Recently I have tossed around various thoughts about the past few months, the past few years, and the months and years that lie ahead.  Foremost in those thoughts is the question:  What the heck am I going to do with myself?  A question, no doubt, that just about everyone asks him/herself on a fairly frequent basis.

As y'all know, I spent the past five months working in the Rockies (more about that later).  I returned home to Squamish a couple of weeks ago with that nagging question bouncing around in my mind.  What am I going to do now?  What am I going to do now?

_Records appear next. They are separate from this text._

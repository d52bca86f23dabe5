-- ===== src/Loans/Rows.antt =====
-- The rows that circulation looks up (src/repository/loans/queries.rs, mutations.rs): loans by id,
-- by copy, by patron and by barcode, and a copy with its record.
use elidune_server.Prelude.{
  ℕ, String, str_eq, Bool, false, ◌&&◌, Option, none, some, List, [], ◌∷◌, ◌==◌, ltb, if◌then◌else◌,
  is_some, is_none, and_then,
}
use elidune_server.Prelude.Table.{select_first}
use elidune_server.Error.{loan_not_found, no_active_loan_for, not_found, ok_or}
use elidune_server.Rights.{User}
use elidune_server.Db.{Db, Item, Biblio, Loan, Action, reads}

abbrev pub has_id : ℕ → Loan → Bool
has_id i l = l.id == i

-- `item_id = $1 AND returned_at IS NULL`
abbrev pub open_for_item : ℕ → Loan → Bool
open_for_item item l = (l.item_id == item) && is_none l.returned_at

-- `user_id = $1 AND returned_at IS NULL`
abbrev pub open_for_user : ℕ → Loan → Bool
open_for_user user l = (l.user_id == user) && is_none l.returned_at

abbrev pub user_row : ℕ → Db → Option User
user_row user db = select_first (λ u. u.id == user) db.users

abbrev pub biblio_of : Item → Db → Option Biblio
biblio_of it db = and_then it.biblio_id (λ b. select_first (λ r. r.id == b) db.biblios)

-- `items JOIN biblios`, which has no row for a copy without a record.
abbrev pub item_biblio : ℕ → Db → Option (Item × Biblio)
item_biblio item db =
    and_then (select_first (λ it. it.id == item) db.items)
      (λ it. elim (biblio_of it db) [ none ↦ none | some b ↦ some (it, b) ])

abbrev pub loans_get_by_id : ℕ → Action Loan
loans_get_by_id id =
    reads (λ db. ok_or (not_found (loan_not_found id)) (select_first (has_id id) db.loans))

abbrev pub is_barcode : String → Item → Bool
is_barcode s it = elim it.barcode [ none ↦ false | some b ↦ str_eq b s ]

abbrev lent_under : String → List Item → Loan → Bool
lent_under s items l =
    is_some (select_first (λ it. (it.id == l.item_id) && is_barcode s it) items)
    && is_none l.returned_at

-- `ORDER BY l.id DESC LIMIT 1`
abbrev later : Loan → Option Loan → Option Loan
later l none = some l
later l (some k) = if ltb k.id l.id then some l else some k

abbrev newest : (Loan → Bool) → List Loan → Option Loan
newest p [] = none
newest p (l ∷ ls) = let rest = newest p ls in if p l then later l rest else rest

-- An open loan by the barcode of its copy.
unfoldable pub loans_get_by_item_identification : String → Action Loan
loans_get_by_item_identification s =
    reads (λ db. ok_or (not_found (no_active_loan_for s)) (newest (lent_under s db.items) db.loans))

abbrev pub public_type_of : ℕ → Db → Option ℕ
public_type_of user db = and_then (user_row user db) (λ u. u.public_type)
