-- ===== src/Loans/Sound.antt =====
-- What holds of the table `loans` between two calls.
use elidune_server.Prelude.{ℕ, ◌≤◌, ◌≡◌}
use elidune_server.Prelude.Table.{count_where}
use elidune_server.Db.{Db}
use elidune_server.Holds.Queue.{UniqueIds}
use elidune_server.Loans.Rows.{has_id, open_for_item}

-- Loan ids are unique and below the sequence's next value, and no copy is lent twice at a time;
-- hold ids are unique.
pub record IsSound (db : Db) : Type 0 where
  pub unique_ids : (k : ℕ) → count_where (has_id k) db.loans ≤ 1
  pub fresh_ids : (k : ℕ) → db.next_loan_id ≤ k → count_where (has_id k) db.loans ≡ 0
  pub lent_once : (item : ℕ) → count_where (open_for_item item) db.loans ≤ 1
  pub unique_holds : UniqueIds db.holds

Financial security is one aspect of my life that is rather consuming.  I'm 53 years old with lots of life experience, but have no career or profession to help feed my bank account.  Yes, I have a business degree.  Yes, I created a job for myself with a white water rafting outfit; a job that will carry on through the winter and back into next season (yay!).  After that, who knows?  I have lived the past couple of years on a very tight budget, and I fully admit that I'm tired of living that way.  But (and here comes the self-doubt), what do I have in my arsenal of employable skills that will appeal to a potential employer?  Add in my age and it's no surprise that few respond to my application submissions. 

I'm feeling a tad bit lost.  Can you tell?

When friends are talking about retirement, all I can think is 'Ha! Retirement?'  I don't see that word in my future.  I had the good fortunate of enjoying my first retirement back in 2001 when my family went sailing for seven years.  Goodness only knows when, or even if, there will be a second retirement later in life.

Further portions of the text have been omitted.